Directions
In the data below, locate each line with the word "Comparable" and list it.

Excerpted records
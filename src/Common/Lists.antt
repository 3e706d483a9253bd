-- ===== src/Common/Lists.antt =====
-- Lists measured by native numbers, and the array methods that the source calls.
use Prim.Native.Nat.{ℕ, suc, ◌+◌, ◌≤◌}
use mathlib.Core.Path.{◌≡◌, refl}
use mathlib.Core.Logic.{inl, inr}
use mathlib.Core.Bool.{Bool, true, false, not, ◌&&◌, ◌||◌}
use mathlib.Core.Option.{Option, none, some}
use mathlib.Core.List.{List, [], ◌∷◌, ◌++◌, map, flat_map}
use native.Mathlib.Omega.{arith}
use roost_assured.Common.Tests.{if◌then◌else◌, Comparable, ◌==◌, number_key, Bool-cases}

module _ {ℓ} {A : Type ℓ} where
  abbrev pub length : List A → ℕ
  length [] = 0
  length (x ∷ xs) = suc (length xs)

  abbrev pub All {κ} : (A → Type κ) → List A → Type κ
  All P [] = Unit
  All P (x ∷ xs) = P x × All P xs

  -- `array.filter(test)`.
  abbrev pub keep : (A → Bool) → List A → List A
  keep test [] = []
  keep test (x ∷ xs) = if test x then x ∷ keep test xs else keep test xs

  -- `array.some(test)`.
  abbrev pub any : (A → Bool) → List A → Bool
  any test [] = false
  any test (x ∷ xs) = test x || any test xs

  -- `array.every(test)`.
  abbrev pub every : (A → Bool) → List A → Bool
  every test [] = true
  every test (x ∷ xs) = test x && every test xs

  -- `array.find(test)`.
  abbrev pub find : (A → Bool) → List A → Option A
  find test [] = none
  find test (x ∷ xs) = if test x then some x else find test xs

  -- `{condition && <…>}` and `...(condition ? items : [])`.
  abbrev pub when : Bool → List A → List A
  when true xs = xs
  when false xs = []

  pub length-append : (xs ys : List A) → length (xs ++ ys) ≡ length xs + length ys
  length-append [] ys = omega arith
  length-append (x ∷ xs) ys = omega (arith, length-append xs ys)

  pub length-keep : (test : A → Bool) (xs : List A) → length (keep test xs) ≤ length xs
  length-keep test [] = omega arith
  length-keep test (x ∷ xs) = ground (arith, length-keep test xs)

  pub keep-append :
      (test : A → Bool) (xs ys : List A) → keep test (xs ++ ys) ≡ keep test xs ++ keep test ys
  keep-append test [] ys = refl
  keep-append test (x ∷ xs) ys = ground (arith, keep-append test xs ys)

  pub any-append :
      (test : A → Bool) (xs ys : List A) → any test (xs ++ ys) ≡ any test xs || any test ys
  any-append test [] ys = refl
  any-append test (x ∷ xs) ys = ground (arith, any-append test xs ys)

  pub any-when :
      (test : A → Bool) (b : Bool) (xs : List A) → any test (when b xs) ≡ b && any test xs
  any-when test true xs = refl
  any-when test false xs = refl

  -- A test is met in a list just when it is met in one of its two parts.
  pub any-keep :
      (test part : A → Bool) (xs : List A)
      → any test (keep part xs) || any test (keep (λ x. not (part x)) xs) ≡ any test xs
  any-keep test part [] = refl
  any-keep test part (x ∷ xs) = ground (arith, any-keep test part xs)

  pub keep-keep : (test : A → Bool) (xs : List A) → keep test (keep test xs) ≡ keep test xs
  keep-keep test [] = refl
  keep-keep test (x ∷ xs) = ground (arith, keep-keep test xs)

module _ {ℓ} {A : Type ℓ} ⦃e : Comparable A⦄ where
  -- `array.includes(value)`.
  abbrev pub contains : List A → A → Bool
  contains [] y = false
  contains (x ∷ xs) y = x == y || contains xs y

  pub contains-append :
      (xs ys : List A) (y : A) → contains (xs ++ ys) y ≡ contains xs y || contains ys y
  contains-append [] ys y = refl
  contains-append (x ∷ xs) ys y = ground (arith, contains-append xs ys y)

  pub contains-keep :
      (test : A → Bool) (xs : List A) (y : A) → contains (keep test xs) y ≡ test y && contains xs y
  contains-keep test [] y = ground arith
  contains-keep test (x ∷ xs) y = ground (arith, contains-keep test xs y, e.same_iff x y)

pub any-flat_map {ℓ κ} :
    {A : Type ℓ} {B : Type κ} (test : B → Bool) (f : A → List B) (xs : List A)
    → any test (flat_map f xs) ≡ any (λ x. any test (f x)) xs
unfolding flat_map
any-flat_map test f [] = refl
any-flat_map test f (x ∷ xs) =
    rw (any-append test (f x) (flat_map f xs), any-flat_map test f xs) refl

-- What is equal on every element gives equal answers; so does what no element meets.
pub any-cong {ℓ} :
    {A : Type ℓ} (test other : A → Bool)
    → ((x : A) → test x ≡ other x)
    → (xs : List A) → any test xs ≡ any other xs
any-cong test other h [] = refl
any-cong test other h (x ∷ xs) = rw (h x, any-cong test other h xs) refl

pub any-none {ℓ} :
    {A : Type ℓ} (test : A → Bool)
    → ((x : A) → test x ≡ false)
    → (xs : List A) → any test xs ≡ false
any-none test h [] = refl
any-none test h (x ∷ xs) = rw (h x) (any-none test h xs)

pub any-empty {ℓ} :
    {A : Type ℓ} (test : A → Bool) (xs : List A) → length xs ≡ 0 → any test xs ≡ false
any-empty test [] h = refl
any-empty test (x ∷ xs) h = ground arith

pub any-keep-none {ℓ} :
    {A : Type ℓ} (test part : A → Bool)
    → ((x : A) → part x && test x ≡ false)
    → (xs : List A) → any test (keep part xs) ≡ false
any-keep-none test part h [] = refl
any-keep-none test part h (x ∷ xs) = ground (arith, h x, any-keep-none test part h xs)

abbrev pub first_some {ℓ} : {A : Type ℓ} → Option A → Option A → Option A
first_some none y = y
first_some (some x) y = some x

-- Lists of records that are told apart by a number, their id.
module _ {ℓ} {A : Type ℓ} (id : A → ℕ) where
  -- `array.filter((x) => x.id !== i)`.
  abbrev pub without : ℕ → List A → List A
  without i xs = keep (λ x. not (id x == i)) xs

  -- `array.find((x) => x.id === i)`.
  abbrev pub find_id : ℕ → List A → Option A
  find_id i xs = find (λ x. id x == i) xs

  pub contains-map-without :
      (i : ℕ) (xs : List A) (z : ℕ)
      → contains (map id (without i xs)) z ≡ not (z == i) && contains (map id xs) z
  contains-map-without i [] z = ground arith
  contains-map-without i (x ∷ xs) z = ground (arith, contains-map-without i xs z)

  pub find_id-without :
      (i : ℕ) (xs : List A) (z : ℕ)
      → find_id z (without i xs) ≡ (if z == i then none else find_id z xs)
  find_id-without i [] z = ground arith
  find_id-without i (x ∷ xs) z = ground (arith, find_id-without i xs z)

  pub find_id-append :
      (xs ys : List A) (z : ℕ) → find_id z (xs ++ ys) ≡ first_some (find_id z xs) (find_id z ys)
  find_id-append [] ys z = refl
  find_id-append (x ∷ xs) ys z = ground (arith, find_id-append xs ys z)

  pub find_id-eq-none : (xs : List A) (z : ℕ) → contains (map id xs) z ≡ false → find_id z xs ≡ none
  find_id-eq-none [] z h = refl
  find_id-eq-none (x ∷ xs) z h = ground (arith, find_id-eq-none xs z)

module _ {ℓ κ} {A : Type ℓ} (P : A → Type κ) where
  pub All-empty : (xs : List A) → length xs ≡ 0 → All P xs
  All-empty [] h = tt
  All-empty (x ∷ xs) h = ground arith

  pub All-keep : (test : A → Bool) (xs : List A) → All P xs → All P (keep test xs)
  All-keep test [] h = tt
  All-keep test (x ∷ xs) h = elim (Bool-cases (test x)) [
    | inl p ↦ rw p (h.0, All-keep test xs h.1)
    | inr p ↦ rw p (All-keep test xs h.1)
  ]

  pub All-append : (xs ys : List A) → All P xs → All P ys → All P (xs ++ ys)
  All-append [] ys h k = k
  All-append (x ∷ xs) ys h k = (h.0, All-append xs ys h.1 k)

Response area
use roost_assured.Common.Tests.{if◌then◌else◌, Comparable, ◌==◌, number_key, Bool-cases}
module _ {ℓ} {A : Type ℓ} ⦃e : Comparable A⦄ where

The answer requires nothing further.